**Provided information**
-.-.-
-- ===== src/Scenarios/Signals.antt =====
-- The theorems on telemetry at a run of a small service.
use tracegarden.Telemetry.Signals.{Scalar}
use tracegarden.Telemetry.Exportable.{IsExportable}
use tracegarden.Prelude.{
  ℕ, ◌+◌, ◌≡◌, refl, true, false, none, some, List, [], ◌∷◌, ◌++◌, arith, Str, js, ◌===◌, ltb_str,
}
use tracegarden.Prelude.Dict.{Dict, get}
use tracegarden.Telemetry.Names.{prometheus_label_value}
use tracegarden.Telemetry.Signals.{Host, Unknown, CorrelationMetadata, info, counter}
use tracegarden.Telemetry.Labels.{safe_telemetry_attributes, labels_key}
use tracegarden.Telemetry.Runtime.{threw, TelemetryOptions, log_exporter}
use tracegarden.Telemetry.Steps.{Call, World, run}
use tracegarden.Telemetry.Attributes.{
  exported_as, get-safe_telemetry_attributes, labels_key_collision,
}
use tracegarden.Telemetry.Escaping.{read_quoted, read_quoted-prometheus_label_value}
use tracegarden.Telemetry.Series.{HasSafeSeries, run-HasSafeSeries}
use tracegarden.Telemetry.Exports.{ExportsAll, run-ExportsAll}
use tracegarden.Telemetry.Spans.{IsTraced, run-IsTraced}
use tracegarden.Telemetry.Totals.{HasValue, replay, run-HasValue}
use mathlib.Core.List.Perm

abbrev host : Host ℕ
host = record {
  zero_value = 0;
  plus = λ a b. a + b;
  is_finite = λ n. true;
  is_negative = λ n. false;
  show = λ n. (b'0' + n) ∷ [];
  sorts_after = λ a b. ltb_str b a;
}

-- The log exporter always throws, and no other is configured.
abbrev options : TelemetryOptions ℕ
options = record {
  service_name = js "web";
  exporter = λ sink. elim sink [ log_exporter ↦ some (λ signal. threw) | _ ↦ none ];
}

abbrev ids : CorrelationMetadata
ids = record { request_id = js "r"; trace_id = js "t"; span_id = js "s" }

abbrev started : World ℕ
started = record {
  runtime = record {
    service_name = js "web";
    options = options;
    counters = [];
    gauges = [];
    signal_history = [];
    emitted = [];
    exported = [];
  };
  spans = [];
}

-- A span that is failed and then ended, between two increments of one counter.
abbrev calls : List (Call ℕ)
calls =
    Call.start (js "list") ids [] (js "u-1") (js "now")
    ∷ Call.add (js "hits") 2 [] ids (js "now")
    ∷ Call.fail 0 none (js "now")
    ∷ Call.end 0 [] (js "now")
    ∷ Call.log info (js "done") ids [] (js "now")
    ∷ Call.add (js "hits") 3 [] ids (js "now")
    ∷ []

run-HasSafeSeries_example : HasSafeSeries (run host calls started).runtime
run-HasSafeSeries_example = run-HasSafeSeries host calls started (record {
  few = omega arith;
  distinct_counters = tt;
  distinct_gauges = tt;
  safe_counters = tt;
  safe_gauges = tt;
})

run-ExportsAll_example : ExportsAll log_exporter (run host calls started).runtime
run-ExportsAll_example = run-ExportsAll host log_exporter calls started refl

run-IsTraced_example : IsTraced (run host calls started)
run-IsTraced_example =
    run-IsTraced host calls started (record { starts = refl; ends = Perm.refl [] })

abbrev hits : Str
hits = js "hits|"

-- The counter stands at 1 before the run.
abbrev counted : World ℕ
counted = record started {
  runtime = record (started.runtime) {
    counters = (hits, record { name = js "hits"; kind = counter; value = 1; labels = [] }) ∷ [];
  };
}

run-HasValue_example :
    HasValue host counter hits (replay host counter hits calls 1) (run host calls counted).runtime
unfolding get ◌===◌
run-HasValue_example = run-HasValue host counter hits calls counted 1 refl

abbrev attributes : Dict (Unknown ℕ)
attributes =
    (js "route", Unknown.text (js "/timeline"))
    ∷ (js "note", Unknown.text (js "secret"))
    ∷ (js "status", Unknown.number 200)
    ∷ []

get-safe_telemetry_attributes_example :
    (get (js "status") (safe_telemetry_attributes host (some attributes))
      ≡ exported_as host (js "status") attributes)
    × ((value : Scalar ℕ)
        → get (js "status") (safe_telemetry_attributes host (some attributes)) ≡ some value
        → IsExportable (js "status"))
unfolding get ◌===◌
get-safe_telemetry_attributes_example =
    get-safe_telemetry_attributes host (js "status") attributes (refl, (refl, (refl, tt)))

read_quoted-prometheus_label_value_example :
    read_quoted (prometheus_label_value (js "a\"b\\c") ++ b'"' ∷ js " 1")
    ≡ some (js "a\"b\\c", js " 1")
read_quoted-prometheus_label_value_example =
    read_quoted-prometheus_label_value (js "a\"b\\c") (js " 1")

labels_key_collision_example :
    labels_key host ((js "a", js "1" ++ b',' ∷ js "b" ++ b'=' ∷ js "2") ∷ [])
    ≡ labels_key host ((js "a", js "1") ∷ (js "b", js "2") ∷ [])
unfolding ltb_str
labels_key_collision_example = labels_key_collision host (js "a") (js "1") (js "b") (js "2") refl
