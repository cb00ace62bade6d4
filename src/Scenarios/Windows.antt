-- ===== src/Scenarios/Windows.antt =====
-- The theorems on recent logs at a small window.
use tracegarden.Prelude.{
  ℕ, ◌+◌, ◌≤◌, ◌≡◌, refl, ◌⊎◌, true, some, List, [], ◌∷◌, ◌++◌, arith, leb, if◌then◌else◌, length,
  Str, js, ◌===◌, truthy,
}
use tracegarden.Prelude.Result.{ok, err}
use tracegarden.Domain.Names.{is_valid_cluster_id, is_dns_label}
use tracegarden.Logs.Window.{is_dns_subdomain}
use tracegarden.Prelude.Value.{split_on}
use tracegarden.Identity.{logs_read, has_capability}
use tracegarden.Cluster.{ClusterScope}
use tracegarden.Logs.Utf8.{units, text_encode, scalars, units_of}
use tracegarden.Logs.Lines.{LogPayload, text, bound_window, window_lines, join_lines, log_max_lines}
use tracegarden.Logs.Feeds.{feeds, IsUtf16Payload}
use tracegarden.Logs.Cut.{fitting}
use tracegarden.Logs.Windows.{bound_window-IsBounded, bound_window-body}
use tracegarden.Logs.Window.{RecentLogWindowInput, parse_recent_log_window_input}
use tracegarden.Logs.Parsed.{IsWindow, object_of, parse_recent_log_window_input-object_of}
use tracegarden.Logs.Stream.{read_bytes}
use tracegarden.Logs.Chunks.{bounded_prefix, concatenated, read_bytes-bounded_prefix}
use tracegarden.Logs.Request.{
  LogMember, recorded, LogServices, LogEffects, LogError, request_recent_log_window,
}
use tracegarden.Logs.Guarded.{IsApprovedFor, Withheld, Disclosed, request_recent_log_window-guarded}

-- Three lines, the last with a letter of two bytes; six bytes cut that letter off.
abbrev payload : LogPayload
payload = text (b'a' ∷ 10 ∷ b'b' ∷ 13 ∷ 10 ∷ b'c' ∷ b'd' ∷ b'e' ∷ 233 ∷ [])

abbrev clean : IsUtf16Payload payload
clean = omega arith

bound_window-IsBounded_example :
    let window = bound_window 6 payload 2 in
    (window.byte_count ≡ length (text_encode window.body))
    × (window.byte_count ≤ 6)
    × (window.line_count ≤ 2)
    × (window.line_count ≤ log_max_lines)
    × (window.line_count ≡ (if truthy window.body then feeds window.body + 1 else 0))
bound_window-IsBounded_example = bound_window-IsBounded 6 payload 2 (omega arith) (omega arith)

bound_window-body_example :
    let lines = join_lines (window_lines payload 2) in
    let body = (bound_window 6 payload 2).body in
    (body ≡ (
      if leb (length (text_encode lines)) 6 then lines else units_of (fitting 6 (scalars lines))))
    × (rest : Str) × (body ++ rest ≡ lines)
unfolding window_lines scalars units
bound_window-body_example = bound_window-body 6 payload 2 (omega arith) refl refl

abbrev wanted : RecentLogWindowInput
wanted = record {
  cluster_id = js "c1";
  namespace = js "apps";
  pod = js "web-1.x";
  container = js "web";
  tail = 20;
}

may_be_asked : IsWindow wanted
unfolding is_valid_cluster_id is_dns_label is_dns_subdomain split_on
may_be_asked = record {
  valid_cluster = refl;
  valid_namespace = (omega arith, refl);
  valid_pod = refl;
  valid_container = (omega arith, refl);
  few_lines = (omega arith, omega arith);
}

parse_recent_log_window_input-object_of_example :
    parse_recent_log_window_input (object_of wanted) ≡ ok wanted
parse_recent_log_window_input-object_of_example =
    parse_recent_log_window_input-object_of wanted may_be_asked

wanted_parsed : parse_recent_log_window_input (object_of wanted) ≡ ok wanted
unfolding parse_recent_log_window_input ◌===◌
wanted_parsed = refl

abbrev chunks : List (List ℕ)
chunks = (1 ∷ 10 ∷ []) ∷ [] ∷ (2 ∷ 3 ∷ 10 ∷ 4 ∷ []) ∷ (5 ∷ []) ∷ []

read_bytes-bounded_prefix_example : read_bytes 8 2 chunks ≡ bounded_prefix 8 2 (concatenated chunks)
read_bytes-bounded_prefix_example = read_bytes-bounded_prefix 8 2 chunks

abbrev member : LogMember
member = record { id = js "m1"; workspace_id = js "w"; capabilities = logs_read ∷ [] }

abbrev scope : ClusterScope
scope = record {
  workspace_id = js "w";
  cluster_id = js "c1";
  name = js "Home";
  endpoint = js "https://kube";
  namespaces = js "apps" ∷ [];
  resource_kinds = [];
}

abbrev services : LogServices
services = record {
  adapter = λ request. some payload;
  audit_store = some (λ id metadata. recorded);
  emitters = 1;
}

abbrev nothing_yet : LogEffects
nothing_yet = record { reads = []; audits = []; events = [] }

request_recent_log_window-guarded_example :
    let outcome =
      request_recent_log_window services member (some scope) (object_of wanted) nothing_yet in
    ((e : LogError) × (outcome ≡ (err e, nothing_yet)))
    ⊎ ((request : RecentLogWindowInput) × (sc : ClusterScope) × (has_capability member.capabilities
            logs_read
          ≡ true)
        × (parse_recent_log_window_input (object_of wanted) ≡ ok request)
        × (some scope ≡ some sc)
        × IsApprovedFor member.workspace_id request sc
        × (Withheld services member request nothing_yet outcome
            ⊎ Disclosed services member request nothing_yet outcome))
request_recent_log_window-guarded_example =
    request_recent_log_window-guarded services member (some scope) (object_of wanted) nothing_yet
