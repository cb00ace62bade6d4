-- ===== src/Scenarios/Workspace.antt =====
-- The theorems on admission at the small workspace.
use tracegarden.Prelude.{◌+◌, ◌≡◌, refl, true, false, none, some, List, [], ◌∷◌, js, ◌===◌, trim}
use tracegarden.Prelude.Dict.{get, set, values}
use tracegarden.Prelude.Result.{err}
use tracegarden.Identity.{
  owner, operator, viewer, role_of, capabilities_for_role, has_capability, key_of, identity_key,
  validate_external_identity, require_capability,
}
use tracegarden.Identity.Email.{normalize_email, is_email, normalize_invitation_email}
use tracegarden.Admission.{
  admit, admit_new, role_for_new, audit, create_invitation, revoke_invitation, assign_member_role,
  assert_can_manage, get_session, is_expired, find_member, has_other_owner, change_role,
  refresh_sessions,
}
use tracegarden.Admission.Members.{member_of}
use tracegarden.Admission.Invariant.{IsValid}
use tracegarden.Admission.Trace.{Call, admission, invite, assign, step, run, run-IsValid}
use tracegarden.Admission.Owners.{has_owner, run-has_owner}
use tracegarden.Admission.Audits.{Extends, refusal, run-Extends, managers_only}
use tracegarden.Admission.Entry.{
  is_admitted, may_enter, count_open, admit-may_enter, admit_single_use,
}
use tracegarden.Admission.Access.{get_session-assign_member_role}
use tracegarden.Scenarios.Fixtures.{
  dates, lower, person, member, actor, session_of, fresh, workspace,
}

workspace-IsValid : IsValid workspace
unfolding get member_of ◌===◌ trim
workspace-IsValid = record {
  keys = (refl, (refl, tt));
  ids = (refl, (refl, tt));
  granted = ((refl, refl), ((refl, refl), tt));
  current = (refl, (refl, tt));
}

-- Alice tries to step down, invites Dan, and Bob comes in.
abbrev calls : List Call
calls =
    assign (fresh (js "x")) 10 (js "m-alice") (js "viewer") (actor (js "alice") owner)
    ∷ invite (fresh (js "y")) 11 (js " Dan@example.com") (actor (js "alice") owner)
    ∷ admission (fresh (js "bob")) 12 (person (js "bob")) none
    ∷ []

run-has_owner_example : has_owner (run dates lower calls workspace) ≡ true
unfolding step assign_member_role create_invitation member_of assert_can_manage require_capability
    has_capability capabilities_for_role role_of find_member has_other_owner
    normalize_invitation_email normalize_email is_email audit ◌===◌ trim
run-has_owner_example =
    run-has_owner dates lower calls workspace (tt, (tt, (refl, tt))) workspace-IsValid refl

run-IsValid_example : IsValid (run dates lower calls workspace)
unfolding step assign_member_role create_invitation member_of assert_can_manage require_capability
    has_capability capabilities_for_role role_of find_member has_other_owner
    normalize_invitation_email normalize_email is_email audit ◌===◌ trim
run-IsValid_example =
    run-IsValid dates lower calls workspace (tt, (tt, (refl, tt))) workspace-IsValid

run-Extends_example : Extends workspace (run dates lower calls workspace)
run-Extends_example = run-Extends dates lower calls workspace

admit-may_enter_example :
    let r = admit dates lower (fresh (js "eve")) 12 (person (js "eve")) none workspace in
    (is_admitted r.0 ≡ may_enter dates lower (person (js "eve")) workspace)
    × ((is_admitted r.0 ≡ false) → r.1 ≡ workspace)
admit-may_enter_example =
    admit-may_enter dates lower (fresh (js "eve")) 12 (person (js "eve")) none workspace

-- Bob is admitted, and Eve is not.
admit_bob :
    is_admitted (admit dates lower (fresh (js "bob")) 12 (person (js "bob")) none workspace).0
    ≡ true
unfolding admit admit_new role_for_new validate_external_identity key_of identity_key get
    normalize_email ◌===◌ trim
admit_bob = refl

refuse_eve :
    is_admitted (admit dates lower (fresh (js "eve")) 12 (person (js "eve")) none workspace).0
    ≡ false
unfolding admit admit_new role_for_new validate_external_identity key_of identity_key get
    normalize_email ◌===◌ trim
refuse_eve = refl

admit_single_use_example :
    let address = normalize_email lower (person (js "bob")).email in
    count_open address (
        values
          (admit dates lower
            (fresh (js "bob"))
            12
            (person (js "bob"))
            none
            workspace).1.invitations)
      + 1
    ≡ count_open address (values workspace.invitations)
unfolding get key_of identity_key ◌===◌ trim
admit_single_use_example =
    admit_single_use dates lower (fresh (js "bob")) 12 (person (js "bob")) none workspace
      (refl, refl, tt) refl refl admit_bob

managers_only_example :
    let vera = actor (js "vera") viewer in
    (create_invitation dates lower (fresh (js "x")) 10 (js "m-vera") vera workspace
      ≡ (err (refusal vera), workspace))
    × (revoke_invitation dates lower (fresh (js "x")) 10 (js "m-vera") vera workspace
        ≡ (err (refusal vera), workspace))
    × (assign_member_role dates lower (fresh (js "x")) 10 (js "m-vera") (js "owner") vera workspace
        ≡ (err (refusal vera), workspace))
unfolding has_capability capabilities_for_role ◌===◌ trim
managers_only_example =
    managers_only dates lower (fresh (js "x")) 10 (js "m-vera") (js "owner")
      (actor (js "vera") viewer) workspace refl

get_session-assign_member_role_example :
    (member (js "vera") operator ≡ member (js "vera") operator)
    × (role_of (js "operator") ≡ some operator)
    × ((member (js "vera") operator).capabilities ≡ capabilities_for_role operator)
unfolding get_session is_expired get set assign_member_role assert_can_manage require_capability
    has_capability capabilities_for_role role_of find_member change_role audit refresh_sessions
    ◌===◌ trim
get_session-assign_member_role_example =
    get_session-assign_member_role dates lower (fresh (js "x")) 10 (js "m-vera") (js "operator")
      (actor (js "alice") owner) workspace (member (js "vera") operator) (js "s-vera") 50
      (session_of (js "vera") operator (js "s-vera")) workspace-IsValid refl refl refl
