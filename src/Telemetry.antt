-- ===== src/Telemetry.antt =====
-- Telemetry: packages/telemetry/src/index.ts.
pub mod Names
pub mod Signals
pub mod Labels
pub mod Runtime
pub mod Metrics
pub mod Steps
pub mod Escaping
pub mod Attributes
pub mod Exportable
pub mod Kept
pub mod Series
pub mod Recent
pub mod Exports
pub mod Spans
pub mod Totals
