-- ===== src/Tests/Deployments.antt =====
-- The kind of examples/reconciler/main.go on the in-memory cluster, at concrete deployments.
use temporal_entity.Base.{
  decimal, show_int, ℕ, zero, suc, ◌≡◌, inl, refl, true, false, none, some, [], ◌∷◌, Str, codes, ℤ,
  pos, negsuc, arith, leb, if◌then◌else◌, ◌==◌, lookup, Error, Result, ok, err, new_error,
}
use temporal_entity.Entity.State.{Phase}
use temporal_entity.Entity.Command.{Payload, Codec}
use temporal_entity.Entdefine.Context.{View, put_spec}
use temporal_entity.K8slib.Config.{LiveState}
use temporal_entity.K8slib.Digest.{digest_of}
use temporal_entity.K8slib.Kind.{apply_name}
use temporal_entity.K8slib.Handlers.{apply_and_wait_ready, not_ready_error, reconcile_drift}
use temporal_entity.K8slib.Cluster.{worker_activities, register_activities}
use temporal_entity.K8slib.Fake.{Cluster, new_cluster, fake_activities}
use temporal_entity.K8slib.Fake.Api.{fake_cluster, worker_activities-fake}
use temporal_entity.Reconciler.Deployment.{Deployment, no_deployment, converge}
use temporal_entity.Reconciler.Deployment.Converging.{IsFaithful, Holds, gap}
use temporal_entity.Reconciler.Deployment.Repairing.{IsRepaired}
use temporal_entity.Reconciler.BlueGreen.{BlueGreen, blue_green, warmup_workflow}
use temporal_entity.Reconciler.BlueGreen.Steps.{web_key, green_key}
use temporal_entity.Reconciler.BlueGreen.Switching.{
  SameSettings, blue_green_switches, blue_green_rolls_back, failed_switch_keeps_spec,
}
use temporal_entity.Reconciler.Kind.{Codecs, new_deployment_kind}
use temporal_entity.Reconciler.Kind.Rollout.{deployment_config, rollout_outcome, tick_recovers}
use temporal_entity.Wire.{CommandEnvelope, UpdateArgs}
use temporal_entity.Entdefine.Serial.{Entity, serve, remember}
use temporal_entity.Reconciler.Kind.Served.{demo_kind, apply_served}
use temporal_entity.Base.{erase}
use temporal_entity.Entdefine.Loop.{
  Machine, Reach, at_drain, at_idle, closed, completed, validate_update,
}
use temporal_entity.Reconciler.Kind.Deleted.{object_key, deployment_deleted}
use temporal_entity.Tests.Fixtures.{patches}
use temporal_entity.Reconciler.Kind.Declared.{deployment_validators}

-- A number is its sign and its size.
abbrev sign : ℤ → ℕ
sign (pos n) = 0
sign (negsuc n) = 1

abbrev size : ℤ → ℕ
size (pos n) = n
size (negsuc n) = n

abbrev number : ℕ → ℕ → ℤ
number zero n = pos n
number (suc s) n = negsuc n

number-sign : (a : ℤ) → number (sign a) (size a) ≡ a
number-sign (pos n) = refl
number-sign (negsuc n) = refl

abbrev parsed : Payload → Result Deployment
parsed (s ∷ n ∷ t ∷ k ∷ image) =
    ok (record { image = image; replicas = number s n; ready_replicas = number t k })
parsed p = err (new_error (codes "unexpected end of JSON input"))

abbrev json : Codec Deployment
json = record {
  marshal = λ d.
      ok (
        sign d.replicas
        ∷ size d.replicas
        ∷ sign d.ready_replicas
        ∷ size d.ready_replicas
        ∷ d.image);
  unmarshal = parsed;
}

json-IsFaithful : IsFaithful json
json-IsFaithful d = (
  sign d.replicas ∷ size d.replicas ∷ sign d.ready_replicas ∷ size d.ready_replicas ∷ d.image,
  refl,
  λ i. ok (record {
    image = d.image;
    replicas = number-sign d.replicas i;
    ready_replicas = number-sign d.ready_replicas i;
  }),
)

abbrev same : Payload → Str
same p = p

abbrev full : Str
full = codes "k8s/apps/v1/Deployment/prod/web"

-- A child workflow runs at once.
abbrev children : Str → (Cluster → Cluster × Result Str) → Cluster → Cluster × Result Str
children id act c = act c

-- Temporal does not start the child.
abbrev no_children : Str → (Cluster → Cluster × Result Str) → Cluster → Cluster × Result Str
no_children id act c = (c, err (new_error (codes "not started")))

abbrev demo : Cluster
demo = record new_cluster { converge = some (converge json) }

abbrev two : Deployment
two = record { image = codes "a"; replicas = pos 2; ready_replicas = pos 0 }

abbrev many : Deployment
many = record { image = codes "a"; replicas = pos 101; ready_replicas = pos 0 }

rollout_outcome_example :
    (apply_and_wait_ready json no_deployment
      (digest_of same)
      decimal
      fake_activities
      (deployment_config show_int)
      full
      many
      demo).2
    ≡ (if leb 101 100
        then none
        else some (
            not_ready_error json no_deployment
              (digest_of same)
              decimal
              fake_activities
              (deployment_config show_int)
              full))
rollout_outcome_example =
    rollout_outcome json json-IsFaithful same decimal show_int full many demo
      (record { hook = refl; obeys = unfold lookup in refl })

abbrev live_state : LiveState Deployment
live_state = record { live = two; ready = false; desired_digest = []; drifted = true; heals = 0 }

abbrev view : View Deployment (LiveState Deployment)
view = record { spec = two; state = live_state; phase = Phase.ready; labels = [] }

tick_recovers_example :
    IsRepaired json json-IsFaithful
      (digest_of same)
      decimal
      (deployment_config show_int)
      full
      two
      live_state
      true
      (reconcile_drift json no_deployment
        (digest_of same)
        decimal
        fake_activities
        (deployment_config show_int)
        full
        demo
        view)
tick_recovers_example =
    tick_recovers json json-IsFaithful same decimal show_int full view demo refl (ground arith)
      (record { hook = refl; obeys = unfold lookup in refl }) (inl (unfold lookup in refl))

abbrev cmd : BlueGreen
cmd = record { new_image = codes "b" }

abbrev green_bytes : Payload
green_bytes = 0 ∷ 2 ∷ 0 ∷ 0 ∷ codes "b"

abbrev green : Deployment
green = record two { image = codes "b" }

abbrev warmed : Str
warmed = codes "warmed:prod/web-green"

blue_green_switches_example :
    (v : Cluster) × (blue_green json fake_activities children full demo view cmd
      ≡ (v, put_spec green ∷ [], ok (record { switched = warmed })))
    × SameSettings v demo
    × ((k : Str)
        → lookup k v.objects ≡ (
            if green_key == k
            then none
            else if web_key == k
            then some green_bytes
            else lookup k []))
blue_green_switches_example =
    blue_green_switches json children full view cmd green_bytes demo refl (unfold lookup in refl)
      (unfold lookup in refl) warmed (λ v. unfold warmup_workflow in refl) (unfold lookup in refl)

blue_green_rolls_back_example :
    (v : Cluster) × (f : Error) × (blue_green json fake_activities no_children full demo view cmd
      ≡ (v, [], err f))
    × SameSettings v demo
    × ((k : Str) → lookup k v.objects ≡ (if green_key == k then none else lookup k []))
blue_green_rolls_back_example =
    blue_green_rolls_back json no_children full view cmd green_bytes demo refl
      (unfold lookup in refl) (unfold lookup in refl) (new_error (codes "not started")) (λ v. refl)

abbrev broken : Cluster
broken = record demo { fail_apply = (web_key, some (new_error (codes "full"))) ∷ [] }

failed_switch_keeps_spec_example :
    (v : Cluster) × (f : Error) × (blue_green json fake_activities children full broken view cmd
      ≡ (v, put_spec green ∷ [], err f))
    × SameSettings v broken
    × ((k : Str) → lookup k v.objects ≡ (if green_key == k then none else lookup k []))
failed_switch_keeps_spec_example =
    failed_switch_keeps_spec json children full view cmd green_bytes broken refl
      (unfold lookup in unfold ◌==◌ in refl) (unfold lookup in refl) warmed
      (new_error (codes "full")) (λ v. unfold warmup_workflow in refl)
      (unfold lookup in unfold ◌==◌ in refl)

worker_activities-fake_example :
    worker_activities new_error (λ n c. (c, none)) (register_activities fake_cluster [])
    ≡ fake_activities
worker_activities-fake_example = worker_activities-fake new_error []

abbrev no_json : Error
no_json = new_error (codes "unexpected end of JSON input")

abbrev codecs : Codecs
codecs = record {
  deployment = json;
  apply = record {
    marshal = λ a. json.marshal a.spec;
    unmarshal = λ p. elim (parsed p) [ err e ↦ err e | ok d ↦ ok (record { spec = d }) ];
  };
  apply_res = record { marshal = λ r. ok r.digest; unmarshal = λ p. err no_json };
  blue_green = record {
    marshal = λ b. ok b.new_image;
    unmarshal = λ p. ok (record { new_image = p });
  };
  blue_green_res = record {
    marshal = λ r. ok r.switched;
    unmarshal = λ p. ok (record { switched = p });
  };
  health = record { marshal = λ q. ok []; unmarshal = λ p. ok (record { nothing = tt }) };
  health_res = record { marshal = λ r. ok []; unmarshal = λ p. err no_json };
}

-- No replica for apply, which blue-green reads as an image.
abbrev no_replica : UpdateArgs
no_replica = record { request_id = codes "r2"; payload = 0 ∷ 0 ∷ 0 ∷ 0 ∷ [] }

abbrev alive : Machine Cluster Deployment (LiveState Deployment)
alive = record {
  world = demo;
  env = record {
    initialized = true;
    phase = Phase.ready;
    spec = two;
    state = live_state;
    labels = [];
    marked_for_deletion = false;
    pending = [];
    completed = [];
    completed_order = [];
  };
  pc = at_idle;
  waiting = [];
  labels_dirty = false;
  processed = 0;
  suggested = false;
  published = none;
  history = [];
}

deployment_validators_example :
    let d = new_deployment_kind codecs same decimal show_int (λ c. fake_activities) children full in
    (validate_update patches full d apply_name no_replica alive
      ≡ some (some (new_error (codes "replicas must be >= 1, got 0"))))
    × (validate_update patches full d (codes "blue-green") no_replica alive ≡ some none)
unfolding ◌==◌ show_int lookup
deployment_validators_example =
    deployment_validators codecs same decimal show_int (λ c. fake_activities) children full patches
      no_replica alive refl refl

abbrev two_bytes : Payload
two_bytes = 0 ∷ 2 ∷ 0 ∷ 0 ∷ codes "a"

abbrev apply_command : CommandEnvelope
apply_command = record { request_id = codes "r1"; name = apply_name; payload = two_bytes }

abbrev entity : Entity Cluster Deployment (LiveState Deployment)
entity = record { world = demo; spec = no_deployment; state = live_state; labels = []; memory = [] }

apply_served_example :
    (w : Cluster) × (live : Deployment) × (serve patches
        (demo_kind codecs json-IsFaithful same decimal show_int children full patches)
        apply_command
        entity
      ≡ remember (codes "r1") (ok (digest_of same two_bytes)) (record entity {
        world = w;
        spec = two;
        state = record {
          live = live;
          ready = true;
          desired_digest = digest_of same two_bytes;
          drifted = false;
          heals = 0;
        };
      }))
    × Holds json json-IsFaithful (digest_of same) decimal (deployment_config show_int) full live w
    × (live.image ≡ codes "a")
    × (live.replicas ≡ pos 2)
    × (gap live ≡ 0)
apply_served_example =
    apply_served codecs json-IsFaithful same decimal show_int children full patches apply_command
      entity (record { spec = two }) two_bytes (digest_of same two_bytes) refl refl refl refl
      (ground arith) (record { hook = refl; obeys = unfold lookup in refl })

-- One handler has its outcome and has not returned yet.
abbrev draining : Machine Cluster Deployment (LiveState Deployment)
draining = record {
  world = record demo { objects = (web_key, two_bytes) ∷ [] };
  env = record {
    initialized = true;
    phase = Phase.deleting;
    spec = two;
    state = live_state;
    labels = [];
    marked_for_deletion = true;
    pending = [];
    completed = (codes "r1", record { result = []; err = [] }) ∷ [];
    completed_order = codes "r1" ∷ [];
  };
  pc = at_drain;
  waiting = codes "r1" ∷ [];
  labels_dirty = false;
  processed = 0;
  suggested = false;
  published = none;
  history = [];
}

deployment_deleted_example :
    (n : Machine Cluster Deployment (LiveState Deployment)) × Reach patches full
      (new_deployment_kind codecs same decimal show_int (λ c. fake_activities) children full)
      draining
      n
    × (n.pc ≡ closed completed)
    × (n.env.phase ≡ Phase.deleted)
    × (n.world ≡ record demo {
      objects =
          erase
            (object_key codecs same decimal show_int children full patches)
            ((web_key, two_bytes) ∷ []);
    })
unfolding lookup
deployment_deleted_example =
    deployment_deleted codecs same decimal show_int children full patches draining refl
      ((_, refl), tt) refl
-.-.-
**Your goal**
Copy every line of the listing where the word "hook" appears.

**The completed task**
      (record { hook = refl; obeys = unfold lookup in refl })
      (record { hook = refl; obeys = unfold lookup in refl }) (inl (unfold lookup in refl))
      (ground arith) (record { hook = refl; obeys = unfold lookup in refl })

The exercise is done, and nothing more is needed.